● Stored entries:

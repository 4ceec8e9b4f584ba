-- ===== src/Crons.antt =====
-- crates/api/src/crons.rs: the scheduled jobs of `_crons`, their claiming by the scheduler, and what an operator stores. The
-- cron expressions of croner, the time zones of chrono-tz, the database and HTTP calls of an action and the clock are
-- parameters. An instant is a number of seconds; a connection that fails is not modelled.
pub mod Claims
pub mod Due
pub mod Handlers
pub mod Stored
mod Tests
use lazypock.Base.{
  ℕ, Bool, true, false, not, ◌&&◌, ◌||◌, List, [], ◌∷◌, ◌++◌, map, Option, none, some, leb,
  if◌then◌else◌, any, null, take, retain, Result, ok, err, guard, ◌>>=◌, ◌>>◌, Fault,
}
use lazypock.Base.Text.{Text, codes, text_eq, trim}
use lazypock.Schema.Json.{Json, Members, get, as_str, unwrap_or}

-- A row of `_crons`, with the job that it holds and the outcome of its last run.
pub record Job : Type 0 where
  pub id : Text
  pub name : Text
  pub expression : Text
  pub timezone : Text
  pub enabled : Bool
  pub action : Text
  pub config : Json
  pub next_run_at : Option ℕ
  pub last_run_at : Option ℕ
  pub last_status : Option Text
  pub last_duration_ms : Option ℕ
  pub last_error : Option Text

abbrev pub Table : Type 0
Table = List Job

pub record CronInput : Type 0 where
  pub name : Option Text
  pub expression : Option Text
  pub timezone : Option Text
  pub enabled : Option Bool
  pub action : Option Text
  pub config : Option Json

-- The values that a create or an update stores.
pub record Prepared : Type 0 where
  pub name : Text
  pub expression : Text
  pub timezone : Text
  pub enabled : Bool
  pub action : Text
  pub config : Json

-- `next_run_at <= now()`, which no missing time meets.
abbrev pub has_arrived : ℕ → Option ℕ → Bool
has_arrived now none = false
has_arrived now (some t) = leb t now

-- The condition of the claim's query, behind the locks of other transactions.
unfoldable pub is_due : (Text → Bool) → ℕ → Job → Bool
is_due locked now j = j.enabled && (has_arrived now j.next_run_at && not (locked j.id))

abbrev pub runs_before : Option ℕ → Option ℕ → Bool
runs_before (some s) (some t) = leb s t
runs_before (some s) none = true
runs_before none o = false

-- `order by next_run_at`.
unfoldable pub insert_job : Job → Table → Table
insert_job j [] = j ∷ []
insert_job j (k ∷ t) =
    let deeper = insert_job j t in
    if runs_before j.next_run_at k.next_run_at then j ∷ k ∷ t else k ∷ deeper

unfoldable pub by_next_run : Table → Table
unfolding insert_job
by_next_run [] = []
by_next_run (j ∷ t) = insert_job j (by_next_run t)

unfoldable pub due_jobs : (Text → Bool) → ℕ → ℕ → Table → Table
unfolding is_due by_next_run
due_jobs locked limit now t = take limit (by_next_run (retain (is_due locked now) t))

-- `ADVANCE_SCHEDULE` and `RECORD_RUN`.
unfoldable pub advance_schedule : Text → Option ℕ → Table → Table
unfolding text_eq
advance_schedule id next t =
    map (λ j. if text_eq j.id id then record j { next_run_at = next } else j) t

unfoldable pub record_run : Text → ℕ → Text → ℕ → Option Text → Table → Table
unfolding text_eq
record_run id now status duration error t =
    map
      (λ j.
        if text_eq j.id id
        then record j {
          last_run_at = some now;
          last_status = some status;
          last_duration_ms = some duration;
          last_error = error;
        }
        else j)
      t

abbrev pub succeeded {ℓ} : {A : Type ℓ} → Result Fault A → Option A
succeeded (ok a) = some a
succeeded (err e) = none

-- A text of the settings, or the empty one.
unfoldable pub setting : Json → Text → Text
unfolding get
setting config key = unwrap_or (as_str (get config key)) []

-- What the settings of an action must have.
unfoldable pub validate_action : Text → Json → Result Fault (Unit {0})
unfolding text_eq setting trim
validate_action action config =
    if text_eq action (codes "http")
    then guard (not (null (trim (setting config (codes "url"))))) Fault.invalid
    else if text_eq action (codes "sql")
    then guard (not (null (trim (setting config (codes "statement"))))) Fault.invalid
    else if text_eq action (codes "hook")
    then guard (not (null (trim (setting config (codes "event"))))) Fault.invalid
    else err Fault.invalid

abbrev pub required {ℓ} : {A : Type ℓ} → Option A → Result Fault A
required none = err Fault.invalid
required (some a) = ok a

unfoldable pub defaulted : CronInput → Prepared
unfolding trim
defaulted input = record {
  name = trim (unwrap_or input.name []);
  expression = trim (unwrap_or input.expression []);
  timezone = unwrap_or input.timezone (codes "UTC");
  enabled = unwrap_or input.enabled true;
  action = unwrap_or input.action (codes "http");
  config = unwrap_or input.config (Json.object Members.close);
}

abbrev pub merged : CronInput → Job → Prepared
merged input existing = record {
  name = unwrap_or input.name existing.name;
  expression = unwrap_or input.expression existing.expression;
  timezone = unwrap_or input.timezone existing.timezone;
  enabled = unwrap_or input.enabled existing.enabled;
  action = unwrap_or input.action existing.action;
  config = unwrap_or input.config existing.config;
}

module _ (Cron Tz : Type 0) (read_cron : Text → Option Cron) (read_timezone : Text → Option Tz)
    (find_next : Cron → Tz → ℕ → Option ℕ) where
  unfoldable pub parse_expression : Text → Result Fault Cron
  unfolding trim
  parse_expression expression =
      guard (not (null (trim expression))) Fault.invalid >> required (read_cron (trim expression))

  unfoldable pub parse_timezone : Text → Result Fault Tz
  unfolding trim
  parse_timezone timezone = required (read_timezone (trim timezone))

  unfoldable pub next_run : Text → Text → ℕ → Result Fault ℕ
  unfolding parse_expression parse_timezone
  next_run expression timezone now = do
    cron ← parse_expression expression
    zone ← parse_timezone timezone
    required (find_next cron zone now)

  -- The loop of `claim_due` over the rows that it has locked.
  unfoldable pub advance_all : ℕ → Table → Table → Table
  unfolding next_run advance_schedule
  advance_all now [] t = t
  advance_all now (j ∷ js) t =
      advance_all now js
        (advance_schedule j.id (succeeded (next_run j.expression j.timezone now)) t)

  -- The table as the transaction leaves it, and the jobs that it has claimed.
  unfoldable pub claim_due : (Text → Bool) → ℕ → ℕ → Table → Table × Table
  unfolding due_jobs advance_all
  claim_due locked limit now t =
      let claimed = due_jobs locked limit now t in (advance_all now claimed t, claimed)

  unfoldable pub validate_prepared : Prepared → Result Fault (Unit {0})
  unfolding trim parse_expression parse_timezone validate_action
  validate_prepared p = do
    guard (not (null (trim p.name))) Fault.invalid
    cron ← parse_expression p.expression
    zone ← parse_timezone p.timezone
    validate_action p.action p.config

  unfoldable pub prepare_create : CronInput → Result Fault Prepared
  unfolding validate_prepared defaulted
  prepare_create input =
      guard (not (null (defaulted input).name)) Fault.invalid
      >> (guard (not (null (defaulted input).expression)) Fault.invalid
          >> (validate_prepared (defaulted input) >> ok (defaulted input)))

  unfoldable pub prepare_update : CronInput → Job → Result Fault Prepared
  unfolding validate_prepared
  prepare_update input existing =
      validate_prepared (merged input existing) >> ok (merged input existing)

● YOUR GOAL: Copy out, exactly and alone, the lines of the entries above between the ones holding "pub enabled : Option Bool" and "last_duration_ms = some duration;", inclusive.

● ANSWER BOX:
  pub enabled : Option Bool
  pub action : Option Text
  pub config : Option Json

-- The values that a create or an update stores.
pub record Prepared : Type 0 where
  pub name : Text
  pub expression : Text
  pub timezone : Text
  pub enabled : Bool
  pub action : Text
  pub config : Json

-- `next_run_at <= now()`, which no missing time meets.
abbrev pub has_arrived : ℕ → Option ℕ → Bool
has_arrived now none = false
has_arrived now (some t) = leb t now

-- The condition of the claim's query, behind the locks of other transactions.
unfoldable pub is_due : (Text → Bool) → ℕ → Job → Bool
is_due locked now j = j.enabled && (has_arrived now j.next_run_at && not (locked j.id))

abbrev pub runs_before : Option ℕ → Option ℕ → Bool
runs_before (some s) (some t) = leb s t
runs_before (some s) none = true
runs_before none o = false

-- `order by next_run_at`.
unfoldable pub insert_job : Job → Table → Table
insert_job j [] = j ∷ []
insert_job j (k ∷ t) =
    let deeper = insert_job j t in
    if runs_before j.next_run_at k.next_run_at then j ∷ k ∷ t else k ∷ deeper

unfoldable pub by_next_run : Table → Table
unfolding insert_job
by_next_run [] = []
by_next_run (j ∷ t) = insert_job j (by_next_run t)

unfoldable pub due_jobs : (Text → Bool) → ℕ → ℕ → Table → Table
unfolding is_due by_next_run
due_jobs locked limit now t = take limit (by_next_run (retain (is_due locked now) t))

-- `ADVANCE_SCHEDULE` and `RECORD_RUN`.
unfoldable pub advance_schedule : Text → Option ℕ → Table → Table
unfolding text_eq
advance_schedule id next t =
    map (λ j. if text_eq j.id id then record j { next_run_at = next } else j) t

unfoldable pub record_run : Text → ℕ → Text → ℕ → Option Text → Table → Table
unfolding text_eq
record_run id now status duration error t =
    map
      (λ j.
        if text_eq j.id id
        then record j {
          last_run_at = some now;
          last_status = some status;
          last_duration_ms = some duration;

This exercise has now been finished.